1.5.4. Worker nodes at Blackett

As the SO:UK Data Centre is part of Blackett, we have access to its Tier-2 services. This means by default when we submit jobs from HTCondor, we can have access to the facility as well, where its main users are from ATLAS and LHCb.

For more details of our current testbed, see System specifications.

1.5.4.1. Wall-clock time

Copied from Feedback on user documentation · Issue #14 · simonsobs-uk/data-centre.

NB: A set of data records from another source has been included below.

-- ===== src/Handshake/Bound.antt =====
-- What the server binds of a client's request.
use securetunnel.Base.{
  ℕ, ◌/◌, ◌%◌, ◌≡◌, refl, ap, ◌∙◌, ◌≤◌, ◌<◌, ◌⊎◌, inl, inr, true, List, [], ◌∷◌, ◌++◌, Option, none,
  some, Text, text_eq, All, codes, text_eqb, false, arith,
}
use securetunnel.Base.Dict.{lookup, lookup-insert_self}
use securetunnel.Base.Strings.{Spaceless, trim_space-Spaceless, is_space}
use securetunnel.Aws.{Mode, source, destination, other, mode_text, mode_of_text}
use securetunnel.Aws.Const.{
  query_key_proxy_mode, sub_protocols, sub_protocol_v2, header_key_access_token,
  header_key_client_token,
}
use securetunnel.Client.Dial.{
  Values, Url, AwsClientOptions, add_value, hex_digit, hex, client_of, client_token,
  request_header_of,
}
use securetunnel.Server.Tunnel.{Time}
use securetunnel.Server.Api.Connect.{TunnelConnectArgs, admit}
use securetunnel.Server.Binding.{
  Gin, header_key_protocol, set_text, set_texts, bind, bind_header, connect_route, pre_process,
}
use securetunnel.Server.World.{Services, World}
use securetunnel.Handshake.{Wire, IsHeaderValue, values_of, IsFaithful}

abbrev pub IsNamed : Mode → Type 0
IsNamed mode = (mode ≡ source) ⊎ (mode ≡ destination)

mode_of_text-mode_text : (mode : Mode) → IsNamed mode → mode_of_text (mode_text mode) ≡ mode
unfolding mode_of_text text_eqb
mode_of_text-mode_text source named = refl
mode_of_text-mode_text destination named = refl
mode_of_text-mode_text (other s) (inl e) = absurd (ground arith)
mode_of_text-mode_text (other s) (inr e) = absurd (ground arith)

add_value-fresh :
    (key value : Text) (q : Values)
    → lookup key q ≡ none
    → values_of key (add_value key value q) ≡ value ∷ []
unfolding add_value
add_value-fresh key value q e =
    rw (e, add_value) (rw (lookup-insert_self key (value ∷ []) q, values_of) refl)

bind-mode :
    {R : Type 0} (gin : Gin R) (r : R) (value : Text)
    → gin.form_ok r ≡ true
    → gin.form query_key_proxy_mode r ≡ value ∷ []
    → (args : TunnelConnectArgs) × (bind gin r ≡ some args) × (args.mode ≡ mode_of_text value)
unfolding bind
bind-mode gin r value good e = (
  record {
    mode = mode_of_text value;
    subprotocols = set_texts (gin.form (codes "Subprotocols") r) [];
    access_token = set_text (gin.form (codes "AccessToken") r) [];
    client_token = set_text (gin.form (codes "ClientToken") r) [];
  },
  rw (good, e) refl,
  refl,
)

bind_header-all :
    {R : Type 0} (gin : Gin R) (r : R) (args : TunnelConnectArgs) (p token client : Text)
    → gin.header (codes "Mode") r ≡ []
    → gin.header header_key_protocol r ≡ p ∷ []
    → gin.header header_key_access_token r ≡ token ∷ []
    → gin.header header_key_client_token r ≡ client ∷ []
    → bind_header gin r args
      ≡ some (record {
        mode = mode_of_text (mode_text args.mode);
        subprotocols = p ∷ [];
        access_token = token;
        client_token = client;
      })
unfolding bind_header
bind_header-all gin r args p token client a b c d = rw (a, b, c, d) refl

-- A request is handled by what is bound of it.
connect_route-admit :
    {R : Type 0} (gin : Gin R) (svc : Services) (now : Time) (r : R)
    (first args : TunnelConnectArgs) (w : World)
    → bind gin r ≡ some first
    → bind_header gin r first ≡ some args
    → connect_route gin svc now r w ≡ admit svc args now w
unfolding connect_route pre_process admit
connect_route-admit gin svc now r first args w a b = ground arith

abbrev IsByte : ℕ → Type 0
IsByte b = b < 256

hex_digit-Spaceless : (n : ℕ) → n < 16 → is_space (hex_digit n) ≡ false
unfolding is_space
hex_digit-Spaceless n h = ground arith

hex_digit-bounds : (n : ℕ) → n < 16 → (32 ≤ hex_digit n) × (hex_digit n < 127)
hex_digit-bounds n h = ground arith

hex-Spaceless : (bytes : List ℕ) → All IsByte bytes → Spaceless (hex bytes)
unfolding hex
hex-Spaceless [] h = tt
hex-Spaceless (b ∷ bytes) h = (
  hex_digit-Spaceless (b / 16) (omega (arith, h.0)),
  (hex_digit-Spaceless (b % 16) (omega arith), hex-Spaceless bytes h.1),
)

hex-bounds : (bytes : List ℕ) → All IsByte bytes → All (λ c. (32 ≤ c) × (c < 127)) (hex bytes)
unfolding hex
hex-bounds [] h = tt
hex-bounds (b ∷ bytes) h = (
  hex_digit-bounds (b / 16) (omega (arith, h.0)),
  (hex_digit-bounds (b % 16) (omega arith), hex-bounds bytes h.1),
)

-- A client token is a header's value, if sha256 returns bytes.
pub client_token-IsHeaderValue :
    (sha256 : Text → List ℕ) (hostname : Option Text) (token : Text)
    → ((s : Text) → All IsByte (sha256 s))
    → IsHeaderValue (client_token sha256 hostname token)
unfolding client_token
client_token-IsHeaderValue sha256 none token bytes =
    let all = bytes (token ++ codes ":") in
    (trim_space-Spaceless _ (hex-Spaceless _ all), hex-bounds _ all)
client_token-IsHeaderValue sha256 (some name) token bytes =
    let all = bytes (token ++ codes ":" ++ name) in
    (trim_space-Spaceless _ (hex-Spaceless _ all), hex-bounds _ all)

-- What a client's request says.
abbrev pub args_of : {L H : Type 0} → AwsClientOptions L H → Text → TunnelConnectArgs
args_of options client = record {
  mode = options.mode;
  subprotocols = sub_protocols;
  access_token = options.token;
  client_token = client;
}

module _ {R : Type 0} (wire : Wire R) (faithful : IsFaithful wire) {L H : Type 0}
    (options : AwsClientOptions L H) (client : Text) (endpoint : Url) (named : IsNamed options.mode)
    (no_mode : lookup query_key_proxy_mode endpoint.query ≡ none)
    (token_ok : IsHeaderValue options.token) (client_ok : IsHeaderValue client) where
  -- The request of the client that `NewAWSClient` makes is handled as one with the client's mode,
  -- its token, its client token and the one subprotocol.
  pub connect_route-client :
      (svc : Services) (now : Time) (w : World)
      → let c = client_of options client endpoint in
        connect_route wire.gin svc now
          (wire.present c.endpoint c.request_header c.dialer.subprotocols)
          w
        ≡ admit svc (args_of options client) now w
  unfolding client_of
  connect_route-client svc now w =
      let value = mode_text options.mode in
      let url = record endpoint { query = add_value query_key_proxy_mode value endpoint.query } in
      let h = request_header_of options.token client in
      let r = wire.present url h sub_protocols in
      let (first, parsed, of_query) =
        bind-mode wire.gin r value (faithful.parsed url h sub_protocols) (
          faithful.query_kept url h sub_protocols query_key_proxy_mode
          ∙ add_value-fresh query_key_proxy_mode value endpoint.query no_mode) in
      let all =
        bind_header-all wire.gin r first sub_protocol_v2 options.token client
          (faithful.no_mode url options.token client sub_protocols)
          (faithful.protocol_kept url h sub_protocol_v2)
          (faithful.access_token_kept url options.token client sub_protocols token_ok)
          (faithful.client_token_kept url options.token client sub_protocols client_ok) in
      let same : mode_of_text (mode_text first.mode) ≡ options.mode =
        ap (λ m. mode_of_text (mode_text m)) (of_query ∙ mode_of_text-mode_text options.mode named)
        ∙ mode_of_text-mode_text options.mode named in
      connect_route-admit wire.gin svc now r first (args_of options client) w parsed
        (all ∙ ap (λ m. some (record (args_of options client) { mode = m })) same)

  • There’s a maximum wall-clock time configured. It’s currently 72 hours, jobs get killed if they exceed this.

  • The same is true for CPU time for each requested CPU (ie job gets killed if total used CPU hours > requested CPUs * 72 hours)

  • Need to check how the machine count fits into this, we’ll most likely have to update the configuration to take this into account (ie machine count * requested CPUs * 72 hours).

1.5.4.2. /tmp directory

Different HTCondor processes sees a different /tmp directory, even when they lands on the same physical nodes. /tmp is actually a symlink to somewhere within scratch there, and scratch is unique to each HTCondor process.

I.e. you do not need to worry our tarball method which rely on /tmp will clashes with other HTCondor process.

1.5.5. SO:UK Data Centre worker nodes (Coming Soon)

Note

Unless stated otherwise, as SO:UK Data Centre is part of Blackett, everything from the last section should applies here. SO:UK-Data-Centre-worker-nodes specific details and differences will be put here.

1.5.6. Submit node

Our submit node is vm77, a single, small VM instance for submitting jobs. This is where you ssh into.

1.5.7. JupyterHub (Coming Soon)

See Establishing a Dedicated Login Node for Interactive Computing and JupyterHub Integration · Issue #31 · simonsobs-uk/data-centre.